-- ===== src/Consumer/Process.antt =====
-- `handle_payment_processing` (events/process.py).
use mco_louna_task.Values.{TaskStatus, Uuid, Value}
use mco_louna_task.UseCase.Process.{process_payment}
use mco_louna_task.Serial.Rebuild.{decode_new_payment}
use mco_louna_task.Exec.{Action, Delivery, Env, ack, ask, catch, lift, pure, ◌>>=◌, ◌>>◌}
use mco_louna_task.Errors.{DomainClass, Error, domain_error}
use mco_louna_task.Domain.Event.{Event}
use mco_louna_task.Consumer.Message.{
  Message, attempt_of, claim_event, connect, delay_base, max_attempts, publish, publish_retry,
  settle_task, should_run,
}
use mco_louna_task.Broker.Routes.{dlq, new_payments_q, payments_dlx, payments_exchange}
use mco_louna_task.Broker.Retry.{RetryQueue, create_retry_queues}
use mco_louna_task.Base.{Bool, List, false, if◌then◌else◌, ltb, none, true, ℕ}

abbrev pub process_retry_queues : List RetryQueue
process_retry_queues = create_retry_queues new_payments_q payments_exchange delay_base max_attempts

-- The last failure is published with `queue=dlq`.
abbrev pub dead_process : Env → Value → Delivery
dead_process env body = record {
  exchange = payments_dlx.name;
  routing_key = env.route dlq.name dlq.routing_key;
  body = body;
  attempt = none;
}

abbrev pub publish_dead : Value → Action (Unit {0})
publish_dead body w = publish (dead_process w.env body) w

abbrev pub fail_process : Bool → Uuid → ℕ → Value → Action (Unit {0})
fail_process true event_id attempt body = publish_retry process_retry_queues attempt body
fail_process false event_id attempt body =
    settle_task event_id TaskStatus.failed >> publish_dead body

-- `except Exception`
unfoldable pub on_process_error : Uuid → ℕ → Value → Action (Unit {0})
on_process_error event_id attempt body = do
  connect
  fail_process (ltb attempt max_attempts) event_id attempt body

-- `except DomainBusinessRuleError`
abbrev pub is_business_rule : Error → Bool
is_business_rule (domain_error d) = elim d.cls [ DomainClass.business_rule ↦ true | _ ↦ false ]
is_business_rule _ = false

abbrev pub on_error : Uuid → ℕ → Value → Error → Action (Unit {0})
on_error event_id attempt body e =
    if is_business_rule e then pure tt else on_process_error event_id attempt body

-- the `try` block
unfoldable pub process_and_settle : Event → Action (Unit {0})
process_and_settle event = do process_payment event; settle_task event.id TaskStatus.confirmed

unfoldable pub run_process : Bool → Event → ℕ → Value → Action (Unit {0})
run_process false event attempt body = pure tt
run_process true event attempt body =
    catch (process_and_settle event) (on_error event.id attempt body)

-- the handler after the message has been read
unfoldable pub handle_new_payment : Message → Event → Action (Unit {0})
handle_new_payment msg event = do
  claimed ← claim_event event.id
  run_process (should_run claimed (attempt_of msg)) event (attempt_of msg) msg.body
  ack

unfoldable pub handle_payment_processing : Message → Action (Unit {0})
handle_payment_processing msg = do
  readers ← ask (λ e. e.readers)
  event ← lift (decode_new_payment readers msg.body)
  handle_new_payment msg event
********
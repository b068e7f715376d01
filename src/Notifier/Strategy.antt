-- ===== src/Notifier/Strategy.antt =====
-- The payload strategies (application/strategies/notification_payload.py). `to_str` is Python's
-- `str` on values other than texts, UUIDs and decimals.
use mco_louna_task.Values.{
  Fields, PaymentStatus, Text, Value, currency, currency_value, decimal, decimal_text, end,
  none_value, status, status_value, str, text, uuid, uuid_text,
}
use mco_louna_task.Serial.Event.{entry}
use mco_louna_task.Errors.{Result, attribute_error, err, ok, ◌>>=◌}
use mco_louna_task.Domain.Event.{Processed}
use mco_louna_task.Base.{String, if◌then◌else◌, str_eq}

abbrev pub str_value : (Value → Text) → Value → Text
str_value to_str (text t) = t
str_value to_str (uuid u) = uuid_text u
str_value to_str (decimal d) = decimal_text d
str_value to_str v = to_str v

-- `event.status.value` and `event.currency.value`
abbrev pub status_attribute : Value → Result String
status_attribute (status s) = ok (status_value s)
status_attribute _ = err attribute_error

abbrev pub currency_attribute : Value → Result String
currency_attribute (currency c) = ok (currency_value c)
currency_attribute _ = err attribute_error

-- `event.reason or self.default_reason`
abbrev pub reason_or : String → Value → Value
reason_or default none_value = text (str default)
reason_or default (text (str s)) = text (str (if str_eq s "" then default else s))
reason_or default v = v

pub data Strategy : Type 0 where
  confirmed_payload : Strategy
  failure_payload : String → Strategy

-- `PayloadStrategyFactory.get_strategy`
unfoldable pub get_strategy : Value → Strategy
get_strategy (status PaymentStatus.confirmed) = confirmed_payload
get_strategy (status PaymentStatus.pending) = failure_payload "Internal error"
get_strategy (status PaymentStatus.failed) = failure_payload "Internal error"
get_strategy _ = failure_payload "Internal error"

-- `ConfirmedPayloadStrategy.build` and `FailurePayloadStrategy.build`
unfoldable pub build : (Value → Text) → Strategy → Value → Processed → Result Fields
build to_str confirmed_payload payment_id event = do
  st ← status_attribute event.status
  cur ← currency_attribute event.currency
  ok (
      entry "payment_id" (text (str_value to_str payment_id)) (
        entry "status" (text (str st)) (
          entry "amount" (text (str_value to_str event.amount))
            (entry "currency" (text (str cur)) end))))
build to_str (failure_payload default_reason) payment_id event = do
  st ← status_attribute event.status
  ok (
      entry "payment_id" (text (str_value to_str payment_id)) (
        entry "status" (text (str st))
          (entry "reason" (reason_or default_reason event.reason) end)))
********
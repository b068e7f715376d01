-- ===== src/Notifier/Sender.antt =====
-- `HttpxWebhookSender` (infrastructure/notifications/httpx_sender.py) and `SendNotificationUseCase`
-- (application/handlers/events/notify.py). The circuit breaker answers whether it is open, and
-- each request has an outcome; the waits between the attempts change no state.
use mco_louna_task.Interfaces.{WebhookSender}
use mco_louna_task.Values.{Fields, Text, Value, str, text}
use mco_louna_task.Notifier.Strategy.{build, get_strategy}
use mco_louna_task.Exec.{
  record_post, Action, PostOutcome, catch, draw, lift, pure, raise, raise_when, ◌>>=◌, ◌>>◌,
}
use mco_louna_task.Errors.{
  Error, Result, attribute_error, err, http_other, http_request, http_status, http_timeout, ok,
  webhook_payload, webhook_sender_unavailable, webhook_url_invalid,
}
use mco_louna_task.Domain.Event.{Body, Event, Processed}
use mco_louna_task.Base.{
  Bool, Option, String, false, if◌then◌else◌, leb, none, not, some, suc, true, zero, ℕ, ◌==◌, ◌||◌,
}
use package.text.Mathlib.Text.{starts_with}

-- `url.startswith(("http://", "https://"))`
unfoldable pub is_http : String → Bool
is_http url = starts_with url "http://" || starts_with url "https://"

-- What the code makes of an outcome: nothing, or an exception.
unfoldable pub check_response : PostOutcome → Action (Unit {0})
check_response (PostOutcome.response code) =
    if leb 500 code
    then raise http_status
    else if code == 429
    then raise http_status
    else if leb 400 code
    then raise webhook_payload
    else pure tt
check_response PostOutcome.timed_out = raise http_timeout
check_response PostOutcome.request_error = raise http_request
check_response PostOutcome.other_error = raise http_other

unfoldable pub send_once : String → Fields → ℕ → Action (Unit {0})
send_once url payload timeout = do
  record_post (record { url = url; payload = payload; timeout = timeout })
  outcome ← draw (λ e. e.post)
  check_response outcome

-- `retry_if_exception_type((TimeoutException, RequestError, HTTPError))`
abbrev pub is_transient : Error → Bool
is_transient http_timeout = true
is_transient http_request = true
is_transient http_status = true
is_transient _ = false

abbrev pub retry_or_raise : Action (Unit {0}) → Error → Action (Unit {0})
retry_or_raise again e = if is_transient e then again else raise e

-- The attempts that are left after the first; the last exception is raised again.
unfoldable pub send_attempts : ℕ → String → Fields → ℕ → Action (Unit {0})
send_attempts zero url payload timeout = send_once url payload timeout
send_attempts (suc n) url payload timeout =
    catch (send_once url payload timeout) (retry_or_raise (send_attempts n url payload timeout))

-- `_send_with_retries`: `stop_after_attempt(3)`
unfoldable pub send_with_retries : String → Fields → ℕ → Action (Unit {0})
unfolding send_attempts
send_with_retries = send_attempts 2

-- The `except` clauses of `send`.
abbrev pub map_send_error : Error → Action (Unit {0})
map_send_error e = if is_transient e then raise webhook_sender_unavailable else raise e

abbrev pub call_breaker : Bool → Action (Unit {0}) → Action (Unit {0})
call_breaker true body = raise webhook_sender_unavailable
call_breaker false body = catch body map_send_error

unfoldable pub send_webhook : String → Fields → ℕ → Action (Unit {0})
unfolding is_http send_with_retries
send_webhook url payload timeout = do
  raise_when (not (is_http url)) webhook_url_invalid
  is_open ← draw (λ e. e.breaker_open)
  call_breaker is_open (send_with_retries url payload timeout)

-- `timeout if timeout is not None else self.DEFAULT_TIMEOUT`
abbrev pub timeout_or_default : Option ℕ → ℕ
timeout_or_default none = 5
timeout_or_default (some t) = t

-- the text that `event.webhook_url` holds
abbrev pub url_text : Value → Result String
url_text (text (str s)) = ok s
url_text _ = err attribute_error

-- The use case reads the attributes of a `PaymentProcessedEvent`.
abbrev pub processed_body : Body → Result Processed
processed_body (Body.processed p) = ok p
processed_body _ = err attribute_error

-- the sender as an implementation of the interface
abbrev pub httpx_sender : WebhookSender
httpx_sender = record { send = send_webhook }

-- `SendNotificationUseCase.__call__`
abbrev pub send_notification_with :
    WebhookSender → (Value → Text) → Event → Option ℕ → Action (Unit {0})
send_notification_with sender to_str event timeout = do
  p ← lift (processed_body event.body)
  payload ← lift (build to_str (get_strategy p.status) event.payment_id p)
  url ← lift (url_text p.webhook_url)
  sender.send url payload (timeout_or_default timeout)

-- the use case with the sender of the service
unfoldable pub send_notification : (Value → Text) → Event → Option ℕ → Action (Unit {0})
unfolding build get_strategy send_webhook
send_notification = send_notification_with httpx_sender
********
▸ **What you will do**
In the data above, find each line that has the word "self" and copy it out.

▸ **Your response**
-- `event.reason or self.default_reason`
-- `timeout if timeout is not None else self.DEFAULT_TIMEOUT`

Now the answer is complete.